Monday, February 14, 2011

Fighting Bad Trade Proposals

You know the feeling. As with most days, you've taken numerous breaks from work to check your email. Each time has been a disappointment. When it hasn't been "0 unread," it's been another message from Classmates.com (apparently unaware that Facebook has rendered it obsolete) or some newsletter you keep forgetting to unsubscribe to. But then, finally, comes the one you've been waiting for. An email from Yahoo! Sports. Undoubtedly a response or counter offer to one of your recent trade proposals. Might you be upgrading your second center spot? Boosting your blocks? Could this be the move that turns your season around? You take your fingers off the Alt and Tab keys, instantly forget about the question your boss just sent you, and open the email as if it was a Christmas present. But what's inside is worse than a pair of knitted mittens; it's an astoundingly absurd offer that a drunk grandmother from Turkmenistan would scoff at. Two failed waiver-wire pickups for your top two players. Something along the lines of Jason Thompson and Josh Howard for Manu Ginobili and Dorell Wright. Faster than a Brandon Jennings crossover, you go from excited to disgusted.

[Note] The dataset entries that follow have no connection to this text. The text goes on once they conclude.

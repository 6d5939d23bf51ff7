-- ===== src/Decision.antt =====
-- The decisions on a gameweek's result: server/src/services/resultService.js over
-- server/src/repositories/resultRepo.js, with the parts of server/src/services/resultModel.js that
-- describe a decision. One group, season and event is fixed.
pub mod Types
pub mod Explain
pub mod Repo
pub mod Transaction
pub mod Service
pub mod Shown
pub mod Chain
pub mod Runs
pub mod Commit
pub mod Finalize
pub mod Repeat
pub mod Override
pub mod Recompute
pub mod View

What is in the brain of someone who takes time out of their life to submit such a futile offer? Whatever it is would make for a fascinating psychological study. Were they just hoping to catch you in an extraordinarily debilitated mental state? Like after you'd just chugged a scorpion bowl and been flung down a flight of stairs by a bouncer? Were they hoping you'd be in an historically generous mood...as if you'd just left confession, and the priest told you to say 10 Hail Marys and give your two best players to the first person who asks for them? Were they hoping you'd have a seizure at the exact moment you opened the trade and accidentally click the Accept button due to an involuntary muscle spasm? Did it occur to them that, even if by some ludicrous miracle you did agree to the deal, the odds of the league allowing it would be worse than those for The Tooth Fairy winning Best Picture?

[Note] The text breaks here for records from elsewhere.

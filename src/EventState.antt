-- ===== src/EventState.antt =====
-- server/src/analytics/eventState.js: the state of a gameweek, and the finalization gate. A `Date`
-- is its epoch milliseconds, and `now` is an argument as in the source.
pub mod Laws
use fpl_radar.Prelude.{
  ℕ, Bool, true, false, ◌&&◌, ◌||◌, not, Option, none, some, List, [], ◌∷◌, ◌++◌, if◌then◌else◌,
  leb, ltb, ◌==◌, length, keep, every, any,
}
use fpl_radar.Constants.{
  EventState, upcoming, live, matches_finished, fpl_processing, data_checked, is_data_checked,
  ReconciliationStatus, is_reconciled,
}

pub record Event : Type 0 where
  pub id : ℕ
  pub deadline_time : ℕ
  pub finished : Bool
  pub data_checked : Bool

-- `event` is `none` for an unscheduled fixture.
pub record Fixture : Type 0 where
  pub event : Option ℕ
  pub finished : Bool
  pub finished_provisional : Bool

abbrev pub is_in : ℕ → Option ℕ → Bool
is_in gw none = false
is_in gw (some e) = e == gw

abbrev fixture_done : Fixture → Bool
fixture_done f = f.finished_provisional || f.finished

-- `Array.isArray(fixtures) ? fixtures.filter(...) : []`
abbrev gw_fixtures : ℕ → Option (List Fixture) → List Fixture
gw_fixtures gw none = []
gw_fixtures gw (some fs) = keep (λ f. is_in gw f.event) fs

abbrev is_nonempty : List Fixture → Bool
is_nonempty [] = false
is_nonempty (f ∷ fs) = true

unfoldable pub derive_event_state : Event → Option (List Fixture) → ℕ → EventState
derive_event_state e fixtures now =
    let played = gw_fixtures e.id fixtures in
    if e.data_checked
    then EventState.data_checked
    else if e.finished
    then fpl_processing
    else if is_nonempty played && every fixture_done played
    then matches_finished
    else if leb e.deadline_time now
    then live
    else upcoming

pub data FinalizeBlockReason : Type 0 where
  group_archived not_data_checked already_final stale_sync : FinalizeBlockReason
  reconciliation_failed no_eligible_managers : FinalizeBlockReason

-- `gwResults.status`; `null` before the first decision.
pub data ResultStatus : Type 0 where
  final overridden : ResultStatus

pub data SyncRunStatus : Type 0 where
  running success partial failed abandoned : SyncRunStatus

abbrev pub is_success : Option SyncRunStatus → Bool
is_success (some success) = true
is_success _ = false

pub record EligibleRow : Type 0 where
  pub entry_id : ℕ
  pub reconciliation_status : Option ReconciliationStatus
  pub sync_run_started_at : Option ℕ
  pub sync_run_status : Option SyncRunStatus

pub record GateContext : Type 0 where
  pub group_active : Bool
  pub event_state : Option EventState
  pub result_status : Option ResultStatus
  pub data_checked_observed_at : Option ℕ
  pub eligible_rows : List EligibleRow

abbrev pub starts_after : Option ℕ → Option ℕ → Bool
starts_after none started = false
starts_after (some observed) none = false
starts_after (some observed) (some started) = ltb observed started

-- One row of the `stale` test.
abbrev pub is_stale : Option ℕ → EligibleRow → Bool
is_stale observed r =
    not (is_success r.sync_run_status) || not (starts_after observed r.sync_run_started_at)

abbrev pub row_reconciled : Option ReconciliationStatus → Bool
row_reconciled none = false
row_reconciled (some s) = is_reconciled s

abbrev pub state_checked : Option EventState → Bool
state_checked none = false
state_checked (some s) = is_data_checked s

abbrev pub is_decided : Option ResultStatus → Bool
is_decided none = false
is_decided (some s) = true

abbrev reason_if : Bool → FinalizeBlockReason → List FinalizeBlockReason
reason_if true r = r ∷ []
reason_if false r = []

-- The reasons in the order in which the source pushes them.
unfoldable pub finalize_reasons : GateContext → List FinalizeBlockReason
finalize_reasons c =
    reason_if (not c.group_active) group_archived
    ++ reason_if (not (state_checked c.event_state)) not_data_checked
    ++ reason_if (is_decided c.result_status) already_final
    ++ reason_if (any (is_stale c.data_checked_observed_at) c.eligible_rows) stale_sync
    ++ reason_if (any (λ r. not (row_reconciled r.reconciliation_status)) c.eligible_rows)
        reconciliation_failed
    ++ reason_if (length c.eligible_rows == 0) no_eligible_managers

abbrev pub no_reasons : List FinalizeBlockReason → Bool
no_reasons [] = true
no_reasons (r ∷ rs) = false

unfoldable pub can_finalize : GateContext → Bool × List FinalizeBlockReason
unfolding finalize_reasons
can_finalize c = (no_reasons (finalize_reasons c), finalize_reasons c)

I don't know about you, but receiving such an offer makes me physically angry. Like if this happened to me when I was in third grade, I would have found the schmuck at recess, put him in a headlock and made him lick some ABC gum on the blacktop. But unfortunately it's not third grade. So what recourse do we victims of this unrecognized form of harassment have? Well, here are some options:
  • Send a nasty reply. "Know how I know you're a fantasy league fish? You make worse offers than Pepe Le Pew."
  • Make an even more absurd counter reply. If you have room on your roster, pick up Allen Iverson and offer him up for the dude's top five players.
  • Insult him on the league message board. "Anyone interested in trading their iPhone for a beeper? How about a Lexus LFA for a Yaris? If so, contact Dave "Amateur Hour" Jones. He offered to take Ginobili and Wright off my hands for an Obama Chia and a boot warmer."
Those ideas may bring you some temporary satisfaction, but I'd like to see fantasy sports systems offer more creative ways of dealing with lame offer perpetrators. Perhaps some of the following ideas would be effective:
  • A button for reporting "trade spam." If an owner gets reported by three other owners, he is blocked from trading for a month.
  • A rule that allows the bad offer recipient to rename the bad offer sender's team, if the league commissioner deems the offer totally outrageous. "The Amateur Hours," "Bieber Fever," or "Kutcher Man Crush" would make decent candidates.
  • An "absurd trade offer" alert that goes out to all owners when an offensive trade is reported. "WARNING ALL OWNERS! PLEASE BE ADVISED THAT KUTCHER MAN CRUSH HAS REPORTEDLY BEEN MAKING OBNOXIOUSLY STUPID TRADE PROPOSALS. BE SURE TO EXERCISE CAUTION WHEN DEALING WITH KUTCHER MAN CRUSH."
If you have more ideas, please let me know. It's time we fight back against outlandish trade proposals!